Воевода, хотя и высокого роста и атлетического сложения, не производил впечатления неуклюжести. Его поступь была эластична, движения свободны.
Он подошел к софе, на которой полулежала Фауста Авзония, и сказал:
– Мне сказали, что римский обычай дозволяет приносить дань уважения девам Весты. Пользуясь этим обычаем, я осмелился вторгнуться в тихое пристанище молитвы, обеспокоенный боязнью за здоровье твоего святейшества.
Голос его дрожал, взор избегал встретиться с глазами весталки, как будто он чувствовал за собой скрытую вину.
– От всего сердца благодарю твою знаменитость за заботливость, – отвечала Фауста Авзония, указывая рукой на одно из свободных кресел.
– Знаменитый Винфрид Фабриций, – прибавила она, представляя его остальным.
Язычники ответили холодным поклоном.
– С Каем Юлием нас некогда соединяла тесная дружба, – сказал воевода.
– Ты ничего мне об этом не говорил, претор, – заметила весталка.
– Действительно, мы провели несколько недель вместе в Виенне, – равнодушно ответил сенатор.
О чем вести разговор с христианином? Сторонников старого порядка, замкнутых в традициях прошлого, ничто не соединяло с представителем нового времени. Их разделяло решительно все: вера, понятия, цели жизни. Но, однако, надо было быть любезной с гостем.
– Италия будет благодарна божественному императору, – начала Фауста Авзония через некоторое время, – за то, что он прислал ее легионам молодого вождя.
– Мое положение на новом месте будет нелегко, – ответил воевода. – Мой предшественник был чересчур снисходителен к италийским солдатам, а те вообще не отличались соблюдением своих обязанностей.
– Некогда легионы Италии были школой мужества и военного порядка для войск целого государства.
– Так было прежде, теперь же…
Воевода остановился в смущении.
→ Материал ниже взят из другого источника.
-- ===== src/Prelude/Bits.antt =====
-- `|` of fields that do not overlap, and masks on a byte, as arithmetic.
use Prim.Native.Nat.{
  ℕ, zero, suc, ◌+◌, ◌*◌, ◌/◌, ◌%◌, ◌^◌, ◌≤◌, ◌<◌, max, min, bit_and, bit_or, digits,
  bit_or-bitwise, bit_and-bitwise,
}
use mathlib.Core.Path.{◌≡◌, refl, ap}
use mathlib.Core.Bool.{Bool, true, ◌&&◌}
use native.Mathlib.Nat.{pow-suc}
use native.Mathlib.Omega.{arith}
use xmlparser.Prelude.Tests.{◌==◌}

-- How `digits` runs: fuel past the first operand changes nothing, so a round halves both operands.
module _ (last : ℕ → ℕ) (join : ℕ → ℕ → ℕ) where
  digits-enough :
      (x f : ℕ) → x ≤ f → (g y : ℕ) → x ≤ g → digits last join f x y ≡ digits last join g x y
  digits-enough (suc x) (suc f) h (suc g) y k =
      let half = digits-enough (suc x / 2) f (omega arith) g (y / 2) (omega arith) in
      omega (arith, half)
  digits-enough (suc x) (suc f) h zero y k = absurd (omega arith)
  digits-enough (suc x) zero h g y k = absurd (omega arith)
  digits-enough zero (suc f) h (suc g) y k = refl
  digits-enough zero (suc f) h zero y k = refl
  digits-enough zero zero h (suc g) y k = refl
  digits-enough zero zero h zero y k = refl

  digits_round :
      (x y : ℕ)
      → digits last join (suc x) (suc x) y
        ≡ digits last join (suc x / 2) (suc x / 2) (y / 2) * 2 + join (suc x % 2) (y % 2)
  digits_round x y =
      let half = digits-enough (suc x / 2) x (omega arith) (suc x / 2) (y / 2) (omega arith) in
      omega (arith, half)

pub zero-bit_or : (y : ℕ) → bit_or 0 y ≡ y
zero-bit_or = bit_or-bitwise 0

-- The lowest bit of `|`, and the others.
pub bit_or_step : (x y : ℕ) → bit_or x y ≡ bit_or (x / 2) (y / 2) * 2 + max (x % 2) (y % 2)
bit_or_step (suc x) y =
    let upper = bit_or-bitwise (suc x / 2) (y / 2) in
    omega (arith, digits_round (λ z. z) max x y, upper, bit_or-bitwise (suc x) y)
bit_or_step zero y = omega (arith, zero-bit_or (y / 2), zero-bit_or y)

-- And of `&`.
bit_and_step : (x y : ℕ) → bit_and x y ≡ bit_and (x / 2) (y / 2) * 2 + min (x % 2) (y % 2)
bit_and_step (suc x) y =
    let upper = bit_and-bitwise (suc x / 2) (y / 2) in
    omega (arith, digits_round (λ z. 0) min x y, upper, bit_and-bitwise (suc x) y)
bit_and_step zero y = omega (arith, bit_and-bitwise 0 (y / 2), bit_and-bitwise 0 y)

bit_and-zero_fuel : (f x : ℕ) → x ≤ f → bit_and x 0 ≡ 0
bit_and-zero_fuel (suc f) (suc x) h =
    let upper = bit_and-zero_fuel f (suc x / 2) (omega arith) in
    omega (arith, upper, bit_and_step (suc x) 0)
bit_and-zero_fuel zero (suc x) h = absurd (omega arith)
bit_and-zero_fuel f zero h = bit_and-bitwise 0 0

and_07_any : (a : ℕ) → bit_and a 0x07 ≡ a % 8
and_07_any a = omega (
  arith,
  bit_and_step a 7,
  bit_and_step (a / 2) 3,
  bit_and_step (a / 2 / 2) 1,
  bit_and-zero_fuel (a / 2 / 2 / 2) (a / 2 / 2 / 2) (omega arith),
)

-- `value & 0x3F` of a number of any width.
pub and_3F : (a : ℕ) → bit_and a 0x3F ≡ a % 64
and_3F a = omega (
  arith,
  bit_and_step a 63,
  bit_and_step (a / 2) 31,
  bit_and_step (a / 2 / 2) 15,
  and_07_any (a / 2 / 2 / 2),
)

bit_or-zero_fuel : (f x : ℕ) → x ≤ f → bit_or x 0 ≡ x
bit_or-zero_fuel (suc f) (suc x) h =
    let upper = bit_or-zero_fuel f (suc x / 2) (omega arith) in
    omega (arith, upper, bit_or_step (suc x) 0)
bit_or-zero_fuel zero (suc x) h = absurd (omega arith)
bit_or-zero_fuel f zero h = zero-bit_or 0

mul-pow-suc : (n k : ℕ) → n * 2 ^ suc k ≡ n * 2 ^ k * 2
mul-pow-suc n k = let twice = ap (λ (power : ℕ). n * power) (pow-suc 2 k) in omega (twice, arith)

-- `(high << k) | low` is a sum when `low` fits `k` bits; and with the sides exchanged.
pub bit_or_high : (k high low : ℕ) → low < 2 ^ k → bit_or (high * 2 ^ k) low ≡ high * 2 ^ k + low
bit_or_high zero high low fits = ground (arith, bit_or-zero_fuel high high)
bit_or_high (suc k) high low fits = ground (
  arith,
  bit_or_step (high * 2 ^ suc k) low,
  mul-pow-suc high k,
  bit_or_high k high (low / 2) (omega (arith, pow-suc 2 k)),
)

pub bit_or_low : (k low high : ℕ) → low < 2 ^ k → bit_or low (high * 2 ^ k) ≡ low + high * 2 ^ k
bit_or_low zero low high fits = ground (arith, zero-bit_or (high * 2 ^ 0))
bit_or_low (suc k) low high fits = ground (
  arith,
  bit_or_step low (high * 2 ^ suc k),
  mul-pow-suc high k,
  bit_or_low k (low / 2) high (omega (arith, pow-suc 2 k)),
)

-- Over a byte, every value is checked by evaluation.
abbrev agree_below : ℕ → (ℕ → ℕ) → (ℕ → ℕ) → Bool
agree_below zero f g = true
agree_below (suc n) f g = (f n == g n) && agree_below n f g

agree_below_lem : (n : ℕ) (f g : ℕ → ℕ) → agree_below n f g ≡ true → (x : ℕ) → x < n → f x ≡ g x
agree_below_lem zero f g h x lt = absurd (omega arith)
agree_below_lem (suc n) f g h x lt = ground (arith, agree_below_lem n f g (ground arith) x)

-- `byte & 0xE0`, `byte & 0xF0`, `byte & 0xF8` and `byte & 0xC0` keep the high bits.
pub and_E0 : (b : ℕ) → b < 256 → bit_and b 0xE0 ≡ b / 32 * 32
and_E0 = agree_below_lem 256 _ _ refl

pub and_F0 : (b : ℕ) → b < 256 → bit_and b 0xF0 ≡ b / 16 * 16
and_F0 = agree_below_lem 256 _ _ refl

pub and_F8 : (b : ℕ) → b < 256 → bit_and b 0xF8 ≡ b / 8 * 8
and_F8 = agree_below_lem 256 _ _ refl

pub and_C0 : (b : ℕ) → b < 256 → bit_and b 0xC0 ≡ b / 64 * 64
and_C0 = agree_below_lem 256 _ _ refl

-- `byte & 0x1F`, `byte & 0x0F` and `byte & 0x07` keep the low bits.
pub and_1F : (b : ℕ) → b < 256 → bit_and b 0x1F ≡ b % 32
and_1F = agree_below_lem 256 _ _ refl

pub and_0F : (b : ℕ) → b < 256 → bit_and b 0x0F ≡ b % 16
and_0F = agree_below_lem 256 _ _ refl

pub and_07 : (b : ℕ) → b < 256 → bit_and b 0x07 ≡ b % 8
and_07 = agree_below_lem 256 _ _ refl

-- `0xC0 | bits`, `0xE0 | bits`, `0xF0 | bits` and `0x80 | bits` set the marker of a UTF-8 byte.
pub or_C0 : (b : ℕ) → b < 32 → bit_or 0xC0 b ≡ 0xC0 + b
or_C0 = agree_below_lem 32 _ _ refl

pub or_E0 : (b : ℕ) → b < 16 → bit_or 0xE0 b ≡ 0xE0 + b
or_E0 = agree_below_lem 16 _ _ refl

pub or_F0 : (b : ℕ) → b < 8 → bit_or 0xF0 b ≡ 0xF0 + b
or_F0 = agree_below_lem 8 _ _ refl

pub or_80 : (b : ℕ) → b < 64 → bit_or 0x80 b ≡ 0x80 + b
or_80 = agree_below_lem 64 _ _ refl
Он хотел сказать, что солдат обленился вместе с целым народом, но такая правда была бы оскорблением для римлян.
И вновь наступило неприятное молчание. Фауста Авзония искала в памяти какой-нибудь посторонний предмет для разговора, который дал бы возможность наладить разговор. Может быть, воеводу занимает театр, амфитеатр или цирк? Но христиане гнушались языческими играми… Может быть, спросить, не знает ли он последнего сочинения Симмаха? Но христиане презирали римскую литературу, называя ее делом сатаны… Он не разделял ненависти правоверных римлян к последним распоряжениям императора, не понимал их печалей, с отвращением относился к их увеселениям.
Винфрид чувствовал, что он тут лишний, что должен оставить то общество, которое стеснял своим присутствием. Но, однако, не трогался с кресла, как будто его что-то приковало к нему.
Он все чаще и пристальнее смотрел на весталку, восхищаясь ее красотой.
Кай Юлий со стороны наблюдал за этим немым увлечением и, по-видимому, забавлялся им, потому что ироническая улыбка бродила по его губам, играла в их углах, поднималась выше, к глазам, и зажигала в них мимолетные огоньки. Он один додумался до причины, которая в ревностном христианине победила отвращение к языческой жрице.
Фауста Авзония, смущенная затруднительным положением, не обратила внимания на поведение воеводы. Надо было непременно к чему-нибудь придраться, чтобы изгнать из среды присутствующих холод, который становился уже невыносимым.
– Твои молодые лета видали, должно быть, не одну битву, – начала она, предупредительно улыбаясь гостю. – Император не доверил бы тебе столь важного поста, если бы ты его не заслужил отвагой и знанием военного искусства.
– Я сын солдата и вырос в лагере, – отвечал Винфрид. – Гроза битвы перестала мне быть страшной, я привык к ней, как иные привыкают к игрищам.
– Однако есть разница между битвой и игрищами, – заметила Фауста Авзония для того, чтобы сказать что-нибудь.
– Несомненно, но солдат не отдает себе отчета в этой разнице. На поле битвы ни у кого нет времени для размышления о жестокости войны. Вождь защищает легионы, вверенные его заботам, сотник – свой отряд, рядовой – свою жизнь, всех же вместе обуревает, наполняет, уносит шум битвы, действующий сильнее самого крепкого вина. Настоящий солдат до такой степени теряет чувствительность, что не ощущает ни голода, ни усталости, ни ран. Одна только смерть гасит пламя отваги.
Воевода говорил таким спокойным голосом, как будто рассказывал о самых обыкновенных вещах, только ноздри его слегка дрожали.